_Task_
Below are the entries; determine how many of their lines contain the string "DomainMachineInput" and give that figure alone.
☆ ☆ ☆ ☆
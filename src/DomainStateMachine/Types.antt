-- ===== src/DomainStateMachine/Types.antt =====
-- src/domain-state-machine/contracts.ts and errors.ts: definitions, snapshots and errors. `C` is the
-- context, `I` what an input carries besides its type, `O` the outputs, `D` the domain errors that a
-- guard may return, and `X` what a callback may throw.
use ddd_kit_ts.Base.{Bool, Option, List, Outcome}
use ddd_kit_ts.Base.JsMap.{JsMap}
use ddd_kit_ts.Base.JsString.{JsString}

pub record DomainMachineInput (I : Type 0) : Type 0 where
  pub input_type : JsString
  pub carried : I

-- An input at run time: one with an own string `type`, or any other value.
pub data RuntimeInput (I : Type 0) : Type 0 where
  domain_input : DomainMachineInput I → RuntimeInput I
  other_value : RuntimeInput I

pub record DomainMachineSnapshot (C : Type 0) : Type 0 where
  pub state : JsString
  pub context : C

-- What a guard returns: a boolean, a domain error, or something else.
pub data DomainTransitionGuardResult (D : Type 0) : Type 0 where
  decision : Bool → DomainTransitionGuardResult D
  rejection : D → DomainTransitionGuardResult D
  not_a_result : DomainTransitionGuardResult D

-- What a reducer returns: an object with a context and outputs, each of which may be left out, as
-- nothing at all leaves out both; or something else. A context that is the reference that the reducer
-- was given stands as one that is left out, since the code treats both alike.
pub data DomainTransitionResult (C O : Type 0) : Type 0 where
  reduced : Option C → Option (List O) → DomainTransitionResult C O
  malformed : DomainTransitionResult C O

-- What a validation callback returns.
pub data Verdict : Type 0 where
  verdict : Bool → Verdict
  not_boolean : Verdict

pub record DomainTransition (C I O D X : Type 0) : Type 0 where
  pub target : JsString
  pub guard :
      Option
        (DomainMachineSnapshot C → DomainMachineInput I → Outcome X (DomainTransitionGuardResult D))
  pub reduce :
      Option
        (DomainMachineSnapshot C → DomainMachineInput I → Outcome X (DomainTransitionResult C O))

-- `on` has no entry where the source leaves the property out.
pub record DomainStateNode (C I O D X : Type 0) : Type 0 where
  pub terminal : Bool
  pub validate_context : Option (DomainMachineSnapshot C → Outcome X Verdict)
  pub on : JsMap JsString (DomainTransition C I O D X)

pub record DomainMachineDefinition (C I O D X : Type 0) : Type 0 where
  pub initial : JsString
  pub initial_context : Outcome X C
  pub validate_snapshot : Option (DomainMachineSnapshot C → Outcome X Verdict)
  pub states : JsMap JsString (DomainStateNode C I O D X)

pub record DomainTransitionOutcome (C O : Type 0) : Type 0 where
  pub from : JsString
  pub to : JsString
  pub snapshot : DomainMachineSnapshot C
  pub outputs : List O

-- `no_node` is the type error of reading a state that the definition lacks; `rejected` and `raised`
-- pass on what a guard returned and what a callback threw.
pub data Error (D X : Type 0) : Type 0 where
  unknown_initial : Error D X
  terminal_with_transitions : (state : JsString) → Error D X
  unknown_target : (state input_type target : JsString) → Error D X
  invalid_context invalid_input invalid_outputs : Error D X
  unknown_snapshot_state : (state : JsString) → Error D X
  context_violation : (state : JsString) → Error D X
  snapshot_violation : (state : JsString) → Error D X
  verdict_not_boolean : Error D X
  invalid_transition : (state input_type : JsString) → Error D X
  guard_rejected : (state input_type : JsString) → Error D X
  invalid_guard_result invalid_result reentrant no_node : Error D X
  rejected : D → Error D X
  raised : X → Error D X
☆ ☆ ☆ ☆
_Result_
4